>>>

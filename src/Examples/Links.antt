-- ===== src/Examples/Links.antt =====
-- Linking two object files, and saving and loading one.
use sicxe.Base.{◌≡◌, refl, true, false, some, List, [], ◌∷◌, All, arith}
use sicxe.Base.Int.{pos, ◌-ℤ◌}
use sicxe.Base.Run.{value, Asserts}
use sicxe.Base.Text.{Bytes}
use sicxe.Base.Keys.{bytes_key}
use sicxe.Object.{ObjectFile, cleared}
use sicxe.Object.Text.{is_symbol_character, trimmed}
use sicxe.Object.Load.{ok, load_file}
use sicxe.Object.Load.Loop.{Leaves, load_file-Asserts}
use sicxe.Object.Save.{save_file}
use sicxe.Object.RoundTrip.Whole.{load_file-save_file}
use sicxe.Linker.SymbolTable.{SymbolTable, undefined, defined}
use sicxe.Linker.Placement.{Placement, order_input_files}
use sicxe.Linker.Placement.Layout.{IsLaidOut, StartsAllowed, order_input_files-IsLaidOut}
use sicxe.Linker.Output.{write_output_symbols}
use sicxe.Linker.Output.Chunks.{Spread, write_output_symbols-Spread}
use sicxe.Linker.Symbols.{build_symbol_table}
use sicxe.Linker.Symbols.Defined.{TableOrErrors, build_symbol_table-TableOrErrors}
use sicxe.Linker.Relocations.{build_relocation_table}
use sicxe.Linker.Relocations.Bounds.{EntriesOrErrors, build_relocation_table-EntriesOrErrors}
use sicxe.Linker.Link.{link_files}
use sicxe.Linker.Link.Success.{Reports, link_files-Asserts}
use sicxe.Examples.Linking.{object, three_bytes}

-- A file that exports B and refers to A.
abbrev second : ObjectFile
second = record {
  file_name = 98 ∷ [];
  program_name = 66 ∷ [];
  start_address = 0;
  code_size = 3;
  entry_point = 0;
  text_sections = record three_bytes { address = 0 } ∷ [];
  export_sections = ((66 ∷ [], 0) ∷ []) ∷ [];
  import_sections = ((65 ∷ []) ∷ []) ∷ [];
  relocation_sections = record { address = 1; nibbles = 3; reference = some (true, 65 ∷ []) } ∷ [];
}

-- The first file, which exports A.
abbrev first : ObjectFile
first = record object { export_sections = ((65 ∷ [], 0x101) ∷ []) ∷ [] }

link_files-Asserts_example :
    Asserts Reports (link_files false false 0x200 first (second ∷ []) cleared)
link_files-Asserts_example = link_files-Asserts false false 0x200 first (second ∷ []) cleared

-- The file of the second one, which is loaded where the first one was.
load_file-save_file_example :
    (lines : List Bytes) × (save_file second ≡ value lines)
    × (load_file (99 ∷ []) (some lines) first ≡ value (ok, record second { file_name = 99 ∷ [] }))
unfolding trimmed is_symbol_character
load_file-save_file_example = load_file-save_file (99 ∷ []) second first (
  (refl, refl, refl, omega arith),
  omega arith,
  omega arith,
  omega arith,
  ((omega arith, omega arith, (omega arith, (omega arith, (omega arith, tt)))), tt),
  ((((refl, refl, refl, omega arith), omega arith), tt), tt),
  (((refl, refl, refl, omega arith), tt), tt),
  ((omega arith, omega arith, (refl, refl, refl, omega arith)), tt),
)

-- A file that ends before its end section.
load_file-Asserts_example :
    Asserts (Leaves first) (load_file (99 ∷ []) (some ((72 ∷ 65 ∷ 10 ∷ []) ∷ [])) first)
load_file-Asserts_example = load_file-Asserts (99 ∷ []) (some ((72 ∷ 65 ∷ 10 ∷ []) ∷ [])) first

abbrev both : List ObjectFile
both = first ∷ second ∷ []

abbrev placement : Placement
placement = record {
  starts = 0x200 ∷ 0x205 ∷ [];
  adjustments = pos 0x100 ∷ pos 0x205 ∷ [];
  end_address = 0x208;
}

places : (order_input_files false 0x200 both).1 ≡ some placement
unfolding order_input_files ◌-ℤ◌
places = refl

order_input_files-IsLaidOut_example :
    IsLaidOut 0x200 both placement.starts placement.adjustments placement.end_address
    × All (StartsAllowed false) both
    × ((order_input_files false 0x200 both).0 ≡ [])
order_input_files-IsLaidOut_example =
    order_input_files-IsLaidOut false 0x200 both placement (omega arith)
      ((omega arith, omega arith), ((omega arith, omega arith), tt)) places

build_symbol_table-TableOrErrors_example :
    TableOrErrors false (build_symbol_table false both placement.adjustments)
build_symbol_table-TableOrErrors_example =
    build_symbol_table-TableOrErrors false both placement.adjustments

build_relocation_table-EntriesOrErrors_example :
    EntriesOrErrors (build_relocation_table both placement.adjustments [])
build_relocation_table-EntriesOrErrors_example =
    build_relocation_table-EntriesOrErrors both placement.adjustments [] (tt, tt)

-- A defined and an undefined symbol.
abbrev symbols : SymbolTable
symbols =
    (
      65 ∷ [],
      record { type_id = defined; address = 0x201; file_defined = 97 ∷ []; files_referenced = [] },
    )
    ∷ (
      66 ∷ [],
      record {
        type_id = undefined;
        address = 0;
        file_defined = [];
        files_referenced = (97 ∷ []) ∷ [];
      },
    )
    ∷ []

write_output_symbols-Spread_example :
    Spread 12 [] ((66 ∷ []) ∷ []) (write_output_symbols symbols [] []).0
    × Spread 6 [] ((65 ∷ [], 0x201) ∷ []) (write_output_symbols symbols [] []).1
write_output_symbols-Spread_example = write_output_symbols-Spread symbols [] []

<<<

- **Problem details**
Will you return exactly the lines above from the one with "-- The file" down to the one with "[]) (some lines)", counting both as part of the range?

- **Solution for this task**
-- The file of the second one, which is loaded where the first one was.
load_file-save_file_example :
    (lines : List Bytes) × (save_file second ≡ value lines)
    × (load_file (99 ∷ []) (some lines) first ≡ value (ok, record second { file_name = 99 ∷ [] }))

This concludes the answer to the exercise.